◆ WHAT YOU WILL DO ◆
Entries follow. Give back exactly the lines starting at the one containing "abbrev pub key_of : Outline → String" and ending at the one containing "pub record IsRead (w : Walk) : Type 0 where", and no other lines.

--- START ---

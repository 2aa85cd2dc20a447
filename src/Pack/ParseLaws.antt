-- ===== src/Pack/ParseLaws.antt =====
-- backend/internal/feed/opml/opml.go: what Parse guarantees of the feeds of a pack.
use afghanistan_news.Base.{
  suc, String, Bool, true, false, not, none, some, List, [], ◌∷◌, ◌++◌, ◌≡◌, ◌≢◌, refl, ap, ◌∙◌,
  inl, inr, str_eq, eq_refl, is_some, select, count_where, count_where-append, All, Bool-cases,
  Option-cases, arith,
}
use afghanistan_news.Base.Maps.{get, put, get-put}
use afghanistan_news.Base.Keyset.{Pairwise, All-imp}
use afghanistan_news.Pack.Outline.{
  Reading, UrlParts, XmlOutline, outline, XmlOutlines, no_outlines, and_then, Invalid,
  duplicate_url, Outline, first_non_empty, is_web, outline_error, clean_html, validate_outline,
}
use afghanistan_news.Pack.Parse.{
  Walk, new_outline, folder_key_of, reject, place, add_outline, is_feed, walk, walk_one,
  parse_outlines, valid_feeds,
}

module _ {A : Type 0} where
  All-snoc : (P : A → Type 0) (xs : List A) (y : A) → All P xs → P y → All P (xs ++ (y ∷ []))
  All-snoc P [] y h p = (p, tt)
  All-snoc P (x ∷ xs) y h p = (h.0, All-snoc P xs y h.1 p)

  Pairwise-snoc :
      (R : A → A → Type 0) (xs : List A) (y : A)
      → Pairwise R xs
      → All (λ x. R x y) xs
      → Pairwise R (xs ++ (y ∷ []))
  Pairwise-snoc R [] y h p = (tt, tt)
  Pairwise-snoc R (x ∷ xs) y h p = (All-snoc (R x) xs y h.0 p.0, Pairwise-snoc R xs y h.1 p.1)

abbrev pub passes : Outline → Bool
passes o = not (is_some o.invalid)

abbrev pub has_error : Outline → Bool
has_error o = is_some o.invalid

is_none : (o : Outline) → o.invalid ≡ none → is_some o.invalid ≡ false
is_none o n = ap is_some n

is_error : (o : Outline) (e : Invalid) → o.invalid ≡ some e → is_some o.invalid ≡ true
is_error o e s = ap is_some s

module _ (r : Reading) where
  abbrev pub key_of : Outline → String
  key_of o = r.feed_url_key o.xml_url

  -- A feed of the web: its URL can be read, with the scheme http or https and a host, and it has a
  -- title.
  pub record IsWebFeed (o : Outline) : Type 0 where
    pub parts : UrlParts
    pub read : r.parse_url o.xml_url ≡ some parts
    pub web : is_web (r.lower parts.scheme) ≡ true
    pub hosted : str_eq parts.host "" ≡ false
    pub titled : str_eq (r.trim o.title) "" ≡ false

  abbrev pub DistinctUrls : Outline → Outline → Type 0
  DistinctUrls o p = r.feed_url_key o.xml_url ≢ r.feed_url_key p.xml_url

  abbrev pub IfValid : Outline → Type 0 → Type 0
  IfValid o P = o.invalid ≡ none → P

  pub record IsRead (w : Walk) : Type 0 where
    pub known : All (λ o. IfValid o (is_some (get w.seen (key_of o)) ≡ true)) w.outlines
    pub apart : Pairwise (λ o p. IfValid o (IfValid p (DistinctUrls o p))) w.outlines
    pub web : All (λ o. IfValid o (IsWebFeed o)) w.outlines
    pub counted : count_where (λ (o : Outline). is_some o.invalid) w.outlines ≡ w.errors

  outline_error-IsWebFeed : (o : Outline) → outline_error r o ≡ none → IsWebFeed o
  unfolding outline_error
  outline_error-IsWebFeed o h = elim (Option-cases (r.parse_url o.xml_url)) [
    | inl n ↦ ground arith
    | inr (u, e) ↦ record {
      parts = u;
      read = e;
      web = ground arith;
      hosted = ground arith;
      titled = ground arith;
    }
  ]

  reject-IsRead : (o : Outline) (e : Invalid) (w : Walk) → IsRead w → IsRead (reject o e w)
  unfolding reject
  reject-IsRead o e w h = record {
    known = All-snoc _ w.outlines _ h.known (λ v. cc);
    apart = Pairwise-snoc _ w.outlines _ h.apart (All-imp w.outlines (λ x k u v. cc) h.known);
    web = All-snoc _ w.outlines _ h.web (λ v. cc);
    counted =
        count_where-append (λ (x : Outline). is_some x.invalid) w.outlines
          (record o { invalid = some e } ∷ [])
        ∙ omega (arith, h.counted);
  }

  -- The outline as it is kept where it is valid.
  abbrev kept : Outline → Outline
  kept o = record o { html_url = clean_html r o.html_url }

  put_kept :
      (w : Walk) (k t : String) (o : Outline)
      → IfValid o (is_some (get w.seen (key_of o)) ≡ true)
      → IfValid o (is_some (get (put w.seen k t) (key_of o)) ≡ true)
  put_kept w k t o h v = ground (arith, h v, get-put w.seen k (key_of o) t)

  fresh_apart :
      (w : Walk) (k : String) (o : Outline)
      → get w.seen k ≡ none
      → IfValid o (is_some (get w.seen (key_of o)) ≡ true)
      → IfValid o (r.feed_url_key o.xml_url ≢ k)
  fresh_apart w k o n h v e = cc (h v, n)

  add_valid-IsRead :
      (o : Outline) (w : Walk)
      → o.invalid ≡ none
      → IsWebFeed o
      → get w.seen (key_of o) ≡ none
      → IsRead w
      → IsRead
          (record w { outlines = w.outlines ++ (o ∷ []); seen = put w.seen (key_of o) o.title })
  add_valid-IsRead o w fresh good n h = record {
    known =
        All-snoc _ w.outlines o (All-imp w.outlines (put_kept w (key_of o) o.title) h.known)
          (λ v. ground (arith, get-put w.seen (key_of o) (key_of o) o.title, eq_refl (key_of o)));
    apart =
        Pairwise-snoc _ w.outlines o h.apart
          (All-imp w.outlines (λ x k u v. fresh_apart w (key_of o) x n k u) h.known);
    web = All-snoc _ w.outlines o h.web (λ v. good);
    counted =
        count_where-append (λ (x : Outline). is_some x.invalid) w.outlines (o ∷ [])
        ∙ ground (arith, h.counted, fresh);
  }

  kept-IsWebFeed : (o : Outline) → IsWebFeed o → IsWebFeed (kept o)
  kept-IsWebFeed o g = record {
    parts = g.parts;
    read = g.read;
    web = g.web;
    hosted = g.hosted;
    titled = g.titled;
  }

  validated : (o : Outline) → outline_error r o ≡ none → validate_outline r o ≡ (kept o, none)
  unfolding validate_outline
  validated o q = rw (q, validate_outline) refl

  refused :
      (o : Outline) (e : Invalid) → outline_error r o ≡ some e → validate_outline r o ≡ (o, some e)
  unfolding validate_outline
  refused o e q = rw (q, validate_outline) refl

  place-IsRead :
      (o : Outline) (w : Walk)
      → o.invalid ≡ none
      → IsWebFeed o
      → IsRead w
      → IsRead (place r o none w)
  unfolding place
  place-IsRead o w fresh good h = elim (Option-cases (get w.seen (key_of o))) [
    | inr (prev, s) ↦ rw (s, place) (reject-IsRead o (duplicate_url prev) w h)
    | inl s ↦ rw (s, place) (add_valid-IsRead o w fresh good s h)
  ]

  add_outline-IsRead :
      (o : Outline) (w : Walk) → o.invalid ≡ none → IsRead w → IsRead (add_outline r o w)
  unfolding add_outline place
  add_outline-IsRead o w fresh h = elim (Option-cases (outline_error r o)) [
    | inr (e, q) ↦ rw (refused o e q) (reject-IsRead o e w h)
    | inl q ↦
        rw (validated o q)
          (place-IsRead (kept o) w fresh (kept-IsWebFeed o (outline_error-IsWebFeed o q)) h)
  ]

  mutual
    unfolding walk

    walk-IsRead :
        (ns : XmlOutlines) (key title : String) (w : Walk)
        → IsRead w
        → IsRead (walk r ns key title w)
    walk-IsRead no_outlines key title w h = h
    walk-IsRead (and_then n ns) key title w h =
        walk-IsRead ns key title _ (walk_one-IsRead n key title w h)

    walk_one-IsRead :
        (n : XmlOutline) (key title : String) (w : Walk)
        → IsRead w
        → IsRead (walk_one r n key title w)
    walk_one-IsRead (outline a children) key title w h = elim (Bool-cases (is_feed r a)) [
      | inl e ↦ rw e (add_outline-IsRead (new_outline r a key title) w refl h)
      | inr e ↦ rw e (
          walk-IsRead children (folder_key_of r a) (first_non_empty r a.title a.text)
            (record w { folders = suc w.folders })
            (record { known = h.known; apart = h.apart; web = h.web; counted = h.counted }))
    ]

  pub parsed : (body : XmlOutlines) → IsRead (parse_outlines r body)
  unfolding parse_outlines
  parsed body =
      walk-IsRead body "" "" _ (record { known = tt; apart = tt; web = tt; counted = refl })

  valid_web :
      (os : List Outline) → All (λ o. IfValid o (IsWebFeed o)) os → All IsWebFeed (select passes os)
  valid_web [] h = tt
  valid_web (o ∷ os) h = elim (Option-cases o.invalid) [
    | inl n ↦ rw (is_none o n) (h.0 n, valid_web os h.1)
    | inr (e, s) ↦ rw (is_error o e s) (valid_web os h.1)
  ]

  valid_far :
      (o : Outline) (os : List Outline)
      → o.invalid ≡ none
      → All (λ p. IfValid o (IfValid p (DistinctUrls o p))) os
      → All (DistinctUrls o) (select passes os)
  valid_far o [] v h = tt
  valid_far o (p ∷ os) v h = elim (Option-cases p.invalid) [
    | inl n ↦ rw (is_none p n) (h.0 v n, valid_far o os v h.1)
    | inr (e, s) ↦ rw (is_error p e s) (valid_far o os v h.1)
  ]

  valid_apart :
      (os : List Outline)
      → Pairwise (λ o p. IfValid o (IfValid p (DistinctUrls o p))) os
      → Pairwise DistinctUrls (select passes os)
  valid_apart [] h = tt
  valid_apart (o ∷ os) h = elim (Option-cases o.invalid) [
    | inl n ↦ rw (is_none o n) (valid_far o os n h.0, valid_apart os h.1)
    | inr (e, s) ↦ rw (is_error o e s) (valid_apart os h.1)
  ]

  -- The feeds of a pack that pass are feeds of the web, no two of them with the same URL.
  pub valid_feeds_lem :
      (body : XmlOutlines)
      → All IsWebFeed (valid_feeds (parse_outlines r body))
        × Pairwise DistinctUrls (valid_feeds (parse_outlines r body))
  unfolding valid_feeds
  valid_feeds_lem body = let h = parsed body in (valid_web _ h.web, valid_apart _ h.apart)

--- END ---

◆ EXERCISE RESPONSE ◆
  abbrev pub key_of : Outline → String
  key_of o = r.feed_url_key o.xml_url

  -- A feed of the web: its URL can be read, with the scheme http or https and a host, and it has a
  -- title.
  pub record IsWebFeed (o : Outline) : Type 0 where
    pub parts : UrlParts
    pub read : r.parse_url o.xml_url ≡ some parts
    pub web : is_web (r.lower parts.scheme) ≡ true
    pub hosted : str_eq parts.host "" ≡ false
    pub titled : str_eq (r.trim o.title) "" ≡ false

  abbrev pub DistinctUrls : Outline → Outline → Type 0
  DistinctUrls o p = r.feed_url_key o.xml_url ≢ r.feed_url_key p.xml_url

  abbrev pub IfValid : Outline → Type 0 → Type 0
  IfValid o P = o.invalid ≡ none → P

  pub record IsRead (w : Walk) : Type 0 where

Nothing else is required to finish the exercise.